Playing “Men of Dartmouth,” the ragtag band, led a sauntering and sometimes staggering parade of green-bedecked alumni down College Avenue toward Memorial Stadium.
It was the 1959 fall Homecoming Weekend and the air was as clear as spring water and as crisp as a ripe apple. Despite copious brandy and scotch swigging along the way, this oiled mass arrived well ahead of the start of the pigskin pandemonium with the Harvard Cantabs. When they entered the gates behind the stands, they were quickly adsorbed into the milling throng of tailgaters chewing on everything from hamburgers to each other. It was a sea of green and white pompoms, Dartmouth Co-op knitted caps, long verdant-striped wool scarves wrapped twice around, and Smoke Shop pipes exuding cherry-scented smoke.
The Saturday-morning trains from Boston and New York had already disgorged their raccoon-coated coeds from “the skids” (Skidmore), “swellsley” (Wellesley), “radical” (Radcliff), and “vasectomy” (Vassar). The buses from New London, NH and Poultney, VT had also been emptied of their sometimes dumber but often warmer girls from “coal chute” (Colby Jr. College) and “the groin” (Green Mountain). Meeting these conveyances were the boys of “dirty mouth” (Dartmouth); some eagerly scanning the assembled faces for their blind dates ... while others were already dry humping their steadies against the nearest lamp post.
The more naive or horny females would never see the football game, attend the soiree, or even view a face other than their date’s for the remainder of the weekend. The prior night there had been a pep rally featuring the sanguine-cheeked college president, the beefy football coach, and lots of players with names like “Moose,” “Grinder,” and “Hulk.” There was also a five-story-high bonfire that the students took as a sacred college tradition and a construction challenge ... whereas the town of “hangover” (Hanover) took it as an opportunity to dispose cheaply of mountains of flammable trash and old railroad ties.
The festivities ended with the glee club and the Injineers singing all the popular college songs including “Dartmouth Undying,” “Dartmouth’s in Town Again,” and “Eleazar Wheelock.” Some of these tunes had optional purulent lyrics that the students sang as contretemps against the censored glee club versions.

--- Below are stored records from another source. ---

-- ===== src/Tests/Shutdown.antt =====
-- The process of the daemon and the accepting of its TCP server at concrete inputs.
use can_bridge_daemon.Prelude.{
  ℕ, ◌≡◌, refl, true, false, String, Option, none, some, List, [], ◌∷◌, map, All, length, Result,
  ok, err, str_eq, if◌then◌else◌, arith,
}
use can_bridge_daemon.BinaryMessage.Packet.{magic}
use can_bridge_daemon.TcpJson.{trim}
use can_bridge_daemon.Discovery.{can_ifaces}
use can_bridge_daemon.Startup.{start_sources}
use can_bridge_daemon.Startup.Readers.{all_of}
use can_bridge_daemon.Process.{
  Args, Server, Process, ReaderThread, ThreadPhase, Event, launch, run, spawn_readers,
}
use can_bridge_daemon.Process.Launch.{parsed, addresses, opening_threads, Launched, launch-parsed}
use can_bridge_daemon.Process.Threads.{attempt}
use can_bridge_daemon.Process.Waits.{has_returned}
use can_bridge_daemon.Process.Ends.{main_ends, RuntimeLaws, run-Exits}
use can_bridge_daemon.Process.Stops.{ServersOf, run-ServersOf}
use can_bridge_daemon.TcpServer.Accepting
use can_bridge_daemon.TcpServer.Accepting.{
  Accepted, mode_of, before_error, first_error, consecutive, run-accepts,
}

-- A parser of two addresses, which are numbers.
abbrev parse : String → Result String ℕ
parse text =
    if str_eq text "127.0.0.1:9500"
    then ok 9500
    else if str_eq text "127.0.0.1:9501"
    then ok 9501
    else err "invalid socket address syntax"

abbrev args : Args
args = record {
  tcp_bind = "127.0.0.1:9500";
  ws_bind = "127.0.0.1:9501";
  grpc_bind = "127.0.0.1:9500";
  fake = false;
}

abbrev mistyped : Args
mistyped = record args { ws_bind = "localhost"; fake = true }

abbrev answer : Result String (List String)
answer = ok ("can0" ∷ "vcan0" ∷ [])

launch-parsed_example :
    ((links : List (Option String))
      → Launched parse mistyped
          (opening_threads 0 (map trim (can_ifaces links)))
          (if mistyped.fake then all_of (can_ifaces links) else none)
          (launch parse mistyped (ok (can_ifaces links))))
    × ((e : String) → Launched parse mistyped [] none (launch parse mistyped (err e)))
launch-parsed_example = launch-parsed parse mistyped

-- Behind a runtime whose drop ends with the threads.
abbrev Exits : Process ℕ → Type 0
Exits p = (has_returned p.main ≡ true) × All (λ r. r.phase ≡ ThreadPhase.returned) p.readers

none_reads :
    (rs : List ReaderThread)
    → All (λ r. r.phase ≡ ThreadPhase.returned) rs
    → All (λ r. ¬ (r.phase ≡ ThreadPhase.reading)) rs
none_reads [] h = tt
none_reads (r ∷ rs) (h, hs) = (λ e. cc (e, h), none_reads rs hs)

laws : RuntimeLaws Exits
laws = record {
  drop_waits = λ p x. (x.0, none_reads p.readers x.1);
  drop_returns = λ p e h. (e, h);
}

-- The reader of can0 has its socket, that of vcan0 none; the WebSocket server fails; then Ctrl+C.
abbrev events : List Event
events =
    Event.opened 0 false true
    ∷ Event.opened 1 false false
    ∷ Event.ran Server.ws (err "axum serve failed")
    ∷ Event.ctrl_c (ok tt)
    ∷ Event.main_noticed
    ∷ []

run-Exits_example :
    (Exits (run (launch parse args answer) events)
      → (main_ends parse args events ≡ true)
        × All
            (λ r. ¬ (attempt r.thread events ≡ some true))
            (spawn_readers 0 (start_sources false answer).readers))
    × (main_ends parse args events ≡ true
        → All
            (λ r. attempt r.thread events ≡ some false)
            (spawn_readers 0 (start_sources false answer).readers)
        → Exits (run (launch parse args answer) events))
run-Exits_example = run-Exits Exits laws parse args answer events

-- So the process does not exit, though `main` has returned.
main_ends_run : main_ends parse args events ≡ true
main_ends_run = refl

reads_run : attempt 0 events ≡ some true
reads_run = refl

run-ServersOf_example :
    ServersOf
      (parsed (addresses parse args)).0
      (run (launch parse args answer) events).main
      (run (launch parse args answer) events).servers
run-ServersOf_example = run-ServersOf parse args answer events

abbrev accepts : List (Result String (Result String (List ℕ)))
accepts = ok (ok magic) ∷ ok (err "reset") ∷ err "too many open files" ∷ ok (ok magic) ∷ []

run-accepts_example :
    (map (λ (s : Accepted). s.conn_id) (Accepting.run "127.0.0.1:9500" (ok tt) 1 accepts).0
      ≡ consecutive 1 (length (before_error accepts)))
    × (map (λ (s : Accepted). s.mode) (Accepting.run "127.0.0.1:9500" (ok tt) 1 accepts).0
        ≡ map mode_of (before_error accepts))
    × ((Accepting.run "127.0.0.1:9500" (ok tt) 1 accepts).1 ≡ first_error accepts)
run-accepts_example = run-accepts "127.0.0.1:9500" 1 accepts (omega arith)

The gridiron match began poorly with the leg-shaving John Harvards scoring a quick touchdown and a field goal. This brought out the groans and the flasks. Even the “big D” cheerleaders and the bare-chested, war-painted Indian arriving on his saddleless pinto were unable to rouse the morose crowd. This dolor continued as the Crimson scored again and then humbled the Big Green even further with a two-point safety. At half-time, after the atonal marching band had formed some X-rated icons, many disgruntled alumni left the stadium mumbling that such performances were not why they were giving large donations to their alma mater. However, in the second half, things abruptly turned around as Dartmouth scored once on an interception, once after an on-side kick, and, as the clock was running out, one last time on a spectacular, open-field punt return. This, of course, brought out the white handkerchiefs with which to taunt the prissy Harvard fans in the opposite seats.
The game ended without further incident and the stands emptied to fill the fraternity cocktail parties, the dormitory snugglings, and the Hanover Inn mini-reunions. At a house party one could kiss up to your professor for a higher grade, tap your graduated frat brothers for a evening keg, or even snake a date from the various assembled distaffs.

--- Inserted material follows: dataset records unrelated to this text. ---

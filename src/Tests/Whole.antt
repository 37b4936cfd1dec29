-- ===== src/Tests/Whole.antt =====
-- The composed daemon and the example client at concrete inputs.
use can_bridge_daemon.Prelude.{
  ℕ, ◌≡◌, ◌↔◌, ◌⊎◌, refl, true, false, String, none, some, List, [], ◌∷◌, ◌++◌, map, ok, arith,
  if◌then◌else◌,
}
use can_bridge_daemon.Protocol.{DaemonResponse}
use can_bridge_daemon.Service.{Ports, handle}
use can_bridge_daemon.SocketCan.Tx.Accepts.{Acceptable}
use can_bridge_daemon.Discovery.{LinkAttribute, NetlinkApi, can_ifaces}
use can_bridge_daemon.Discovery.Canonical.{SameNames, can_ifaces_iff}
use can_bridge_daemon.Discovery.Sorted.{Ascends, can_ifaces-Ascends}
use can_bridge_daemon.TcpJson.{trim}
use can_bridge_daemon.Startup.{daemon_ports, start_sources}
use can_bridge_daemon.Startup.Readers.{all_of, start_sources-can_ifaces}
use can_bridge_daemon.Startup.Sends.{send_request, Carried, handle-daemon_ports}
use can_bridge_daemon.BinarySession.{Texts, SessionError, failed}
use can_bridge_daemon.TcpBinary.{read, timeout, start, run, tcp_texts}
use can_bridge_daemon.ExampleClient.{BufMut, BufMutLaws, to_be16, to_be32, encode_frame}
use can_bridge_daemon.ExampleClient.Mismatch.{run-frame}
use can_bridge_daemon.Tests.Adapters.{
  id_laws, frames, frame_laws, sockets, fd_flagged, service, links,
}

abbrev netlink : NetlinkApi ℕ
netlink = record {
  get_links =
      λ w. (ok (ok (LinkAttribute.other_attribute ∷ LinkAttribute.if_name "can0" ∷ []) ∷ []), w);
}

-- A CAN-FD frame with its BRS flag, which is taken.
handle-daemon_ports_example :
    (Acceptable fd_flagged
      × Carried
          (daemon_ports netlink frames sockets (λ w. (none, w)))
          frames
          sockets
          fd_flagged.is_fd
          fd_flagged
          service
          (handle
            (daemon_ports netlink frames sockets (λ w. (none, w)))
            (send_request fd_flagged)
            service))
    ⊎ ((¬ Acceptable fd_flagged)
        × ((message : String) × (handle
                (daemon_ports netlink frames sockets (λ w. (none, w)))
                (send_request fd_flagged)
                service
              ≡ (DaemonResponse.send_ack false (some message), service))))
handle-daemon_ports_example =
    handle-daemon_ports netlink frames sockets (λ w. (none, w)) id_laws frame_laws fd_flagged
      service (omega arith, (omega arith, (omega arith, tt)))

can_ifaces-Ascends_example : Ascends (can_ifaces links)
can_ifaces-Ascends_example = can_ifaces-Ascends links

start_sources-can_ifaces_example : start_sources true (ok (can_ifaces links)) ≡ record {
  readers = map trim (can_ifaces links);
  generator = if true then all_of (can_ifaces links) else none;
}
start_sources-can_ifaces_example = start_sources-can_ifaces true links

-- The crate's appending, by its documentation.
abbrev buf : BufMut
buf = record { put_u16 = λ out v. out ++ to_be16 v; put_u32 = λ out v. out ++ to_be32 v }

buf_laws : BufMutLaws buf
buf_laws = record { put_u16_lem = λ out v h. refl; put_u32_lem = λ out v h. refl }

abbrev texts : Texts
texts = tcp_texts (λ r. "a request") (λ r. "a response")

abbrev client_ports : Ports ℕ
client_ports = daemon_ports netlink frames sockets (λ w. (none, w))

-- A hello with a payload of seven bytes.
abbrev hello : List ℕ
hello = encode_frame buf 101 0 (0 ∷ 1 ∷ 99 ∷ 0 ∷ 2 ∷ 118 ∷ 49 ∷ [])

run-frame_example :
    run client_ports texts (start service) (read hello ∷ timeout ∷ [])
    ≡ record (start service) { phase = failed SessionError.hello_timeout; receive_buffer = hello }
run-frame_example =
    run-frame buf buf_laws client_ports texts service 101 0 (0 ∷ 1 ∷ 99 ∷ 0 ∷ 2 ∷ 118 ∷ 49 ∷ [])
      (omega arith) (omega arith) (omega arith) (omega arith)

-- The order of the links, and one that is no CAN interface, make no difference.
can_ifaces_iff_example :
    (can_ifaces links ≡ can_ifaces (some "can0" ∷ some "vcan0" ∷ some "lo" ∷ []))
    ↔ SameNames links (some "can0" ∷ some "vcan0" ∷ some "lo" ∷ [])
can_ifaces_iff_example = can_ifaces_iff links (some "can0" ∷ some "vcan0" ∷ some "lo" ∷ [])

The night would then bring a rock-and-roll-banded, theme party at all the Greek houses ... which were the templates from which the movie “Animal House” was drawn. The motif could be old Rome (togas) or a farmyard (hay and roosters) or “Gunsmoke” (ten-gallon hats and chaps) ... among others. By eleven PM the sex pits were filled with groping couples and, by two AM, the floor of the bar room was generally slick with beery puke.
Sunday morning brought a wash-tub full of bourbon milk punch, some soft modern jazz, and bleary-eyed male revelers striving to somehow let their brethren discretely know of their conquests of the previous night. By the time this galvanized caldron was emptied and the old sneaker and dirty jock strap fished from its vanilla reside to the eeks and ughs of the novitiates, it was time to disassemble the weekend and bundle your sloe-eyed date onto her bus or train back to normalcy.